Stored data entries
# # # # # # #

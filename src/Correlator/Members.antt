-- ===== src/Correlator/Members.antt =====
-- backend/app/services/correlator.py: why an alert is in the group that it is in.
use text.Mathlib.Text.{◌==◌ as str_eq}
use mathlib.Core.Path.{subst}
use proof_ops.Common.{
  ap, String, Bool, true, false, ◌≡◌, refl, ◌∙◌, Option, none, some, List, [], ◌∷◌, Bool-cases, inl,
  inr, if◌then◌else◌, arith, eq_iff, ok,
}
use proof_ops.Contracts.Value.{Value}
use proof_ops.Correlator.Alert.{Alert, alert_signature}
use proof_ops.Correlator.Signals.{Measures}
use proof_ops.Correlator.Group.{Group, is_mergeable, merged, merged_or, place, key_for, group_from}
use proof_ops.Correlator.Partition.{
  group_from-all, Belongs, by_fingerprint, by_edge, Members, Lacks, Distinct, Hits, place-Members,
  place-Distinct,
}

some_inj : {x y : String} → some x ≡ some y → x ≡ y
some_inj q = cc

clash : {b : Bool} → b ≡ true → b ≡ false → ⊥
clash q r = cc

itself : (k : String) → str_eq k k ≡ false → ⊥
itself k q = ground (arith, eq_iff k k)

module _ (edges : List (String × String)) (a : Alert) (sig : String) where
  -- The groups with a fingerprint are those that the alert may merge into.
  abbrev Mergeable : String → List Group → Type 0
  Mergeable k [] = Unit
  Mergeable k (g ∷ gs) = (str_eq g.fp k ≡ true → is_mergeable edges a sig g ≡ true) × Mergeable k gs

  absent : (k : String) (gs : List Group) → Lacks k gs → Mergeable k gs
  absent k [] l = tt
  absent k (g ∷ gs) l = ((λ h. cc), absent k gs l.1)

  merged-present :
      (k x : String) (gs : List Group)
      → merged edges a sig gs ≡ some k
      → Lacks x gs
      → str_eq x k ≡ false
  merged-present k x [] h l = cc
  merged-present k x (g ∷ gs) h l =
      go (is_mergeable edges a sig g) h (λ e. merged-present k x gs e l.1)
    where
      go :
          (b : Bool)
          → (if b then some g.fp else merged edges a sig gs) ≡ some k
          → (merged edges a sig gs ≡ some k → str_eq x k ≡ false)
          → str_eq x k ≡ false
      go true e r = ground (arith, eq_iff g.fp x, eq_iff x k, e, l.0)
      go false e r = r e

  merged-Mergeable :
      (k : String) (gs : List Group) → Distinct gs → merged edges a sig gs ≡ some k → Mergeable k gs
  merged-Mergeable k [] d h = tt
  merged-Mergeable k (g ∷ gs) d h =
      go (is_mergeable edges a sig g) refl h (λ e. merged-Mergeable k gs d.1 e)
    where
      first : g.fp ≡ k → Lacks g.fp gs → Mergeable k gs
      first e l = absent k gs (subst (λ x. Lacks x gs) e l)

      go :
          (b : Bool)
          → is_mergeable edges a sig g ≡ b
          → (if b then some g.fp else merged edges a sig gs) ≡ some k
          → (merged edges a sig gs ≡ some k → Mergeable k gs)
          → (str_eq g.fp k ≡ true → is_mergeable edges a sig g ≡ true) × Mergeable k gs
      go true m e r = ((λ q. m), first (some_inj e) d.0)
      go false m e r = ((λ q. absurd (clash q (merged-present k g.fp gs e d.0))), r e)

module _ {F : Type 0} (measures : Measures F) (deploys : List Value)
    (edges : List (String × String)) where
  mergeable-Belongs :
      (a : Alert) (sig : String) (g : Group)
      → alert_signature a ≡ ok sig
      → is_mergeable edges a sig g ≡ true
      → Belongs measures deploys edges g.service g.signature g.fp a
  unfolding is_mergeable
  mergeable-Belongs a sig g e h = by_edge sig e (ground arith) (ground arith)

  Mergeable-Hits :
      (k : String) (a : Alert) (sig : String) (gs : List Group)
      → alert_signature a ≡ ok sig
      → Mergeable edges a sig k gs
      → Hits measures deploys edges k a gs
  Mergeable-Hits k a sig [] e m = tt
  Mergeable-Hits k a sig (g ∷ gs) e m =
      ((λ q. mergeable-Belongs a sig g e (m.0 q)), Mergeable-Hits k a sig gs e m.1)

  own-Hits :
      (k : String) (a : Alert) (sig : String) (gs : List Group)
      → alert_signature a ≡ ok sig
      → key_for measures deploys a sig ≡ ok k
      → Hits measures deploys edges k a gs
  own-Hits k a sig [] e h = tt
  own-Hits k a sig (g ∷ gs) e h = (
    (λ q. by_fingerprint sig e (h ∙ ap ok (ground (arith, eq_iff g.fp k, q)))),
    own-Hits k a sig gs e h,
  )

  record Sound (gs : List Group) : Type 0 where
    members : Members measures deploys edges gs
    apart : Distinct gs

  placed :
      (a : Alert) (sig key : String) (gs : List Group)
      → alert_signature a ≡ ok sig
      → key_for measures deploys a sig ≡ ok key
      → Sound gs
      → Sound (place (merged_or (merged edges a sig gs) key) a sig gs)
  placed a sig key gs e i s = go (merged edges a sig gs) refl
    where
      own : Sound (place key a sig gs)
      own = record {
        members =
            place-Members measures deploys edges _ a sig gs (own-Hits _ a sig gs e i)
              (λ l. by_fingerprint sig e i) s.members;
        apart = place-Distinct _ a sig gs s.apart;
      }

      go :
          (o : Option String) → merged edges a sig gs ≡ o → Sound (place (merged_or o key) a sig gs)
      go none h = own
      go (some k) h = elim (Bool-cases (str_eq k "")) [
        | inl q ↦ rw q own
        | inr q ↦ rw q (record {
          members =
              place-Members measures deploys edges k a sig gs
                (Mergeable-Hits k a sig gs e (merged-Mergeable edges a sig k gs s.apart h))
                (λ l. absurd (itself k (merged-present edges a sig k k gs h l))) s.members;
          apart = place-Distinct k a sig gs s.apart;
        })
      ]

  -- Every alert of a group has the group's fingerprint, or comes from a service that the topology
  -- joins with the group's and has a similar signature; and no two groups have one fingerprint.
  pub groups-Members :
      (alerts : List Alert) {gs : List Group}
      → group_from measures deploys edges [] alerts ≡ ok gs
      → Members measures deploys edges gs × Distinct gs
  groups-Members alerts {gs} h =
      let s =
        group_from-all measures deploys edges (λ done gs. Sound gs)
          (λ done a sig key gs e i s. placed a sig key gs e i s) [] [] alerts gs
          (record { members = tt; apart = tt }) h in
      (s.members, s.apart)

# # # # # # #

**Task description**
What you copy out must be exactly the lines from the line containing "placed a sig key gs e i s = go" through the end of the records.

**Task answer**
  placed a sig key gs e i s = go (merged edges a sig gs) refl
    where
      own : Sound (place key a sig gs)
      own = record {
        members =
            place-Members measures deploys edges _ a sig gs (own-Hits _ a sig gs e i)
              (λ l. by_fingerprint sig e i) s.members;
        apart = place-Distinct _ a sig gs s.apart;
      }

      go :
          (o : Option String) → merged edges a sig gs ≡ o → Sound (place (merged_or o key) a sig gs)
      go none h = own
      go (some k) h = elim (Bool-cases (str_eq k "")) [
        | inl q ↦ rw q own
        | inr q ↦ rw q (record {
          members =
              place-Members measures deploys edges k a sig gs
                (Mergeable-Hits k a sig gs e (merged-Mergeable edges a sig k gs s.apart h))
                (λ l. absurd (itself k (merged-present edges a sig k k gs h l))) s.members;
          apart = place-Distinct k a sig gs s.apart;
        })
      ]

  -- Every alert of a group has the group's fingerprint, or comes from a service that the topology
  -- joins with the group's and has a similar signature; and no two groups have one fingerprint.
  pub groups-Members :
      (alerts : List Alert) {gs : List Group}
      → group_from measures deploys edges [] alerts ≡ ok gs
      → Members measures deploys edges gs × Distinct gs
  groups-Members alerts {gs} h =
      let s =
        group_from-all measures deploys edges (λ done gs. Sound gs)
          (λ done a sig key gs e i s. placed a sig key gs e i s) [] [] alerts gs
          (record { members = tt; apart = tt }) h in
      (s.members, s.apart)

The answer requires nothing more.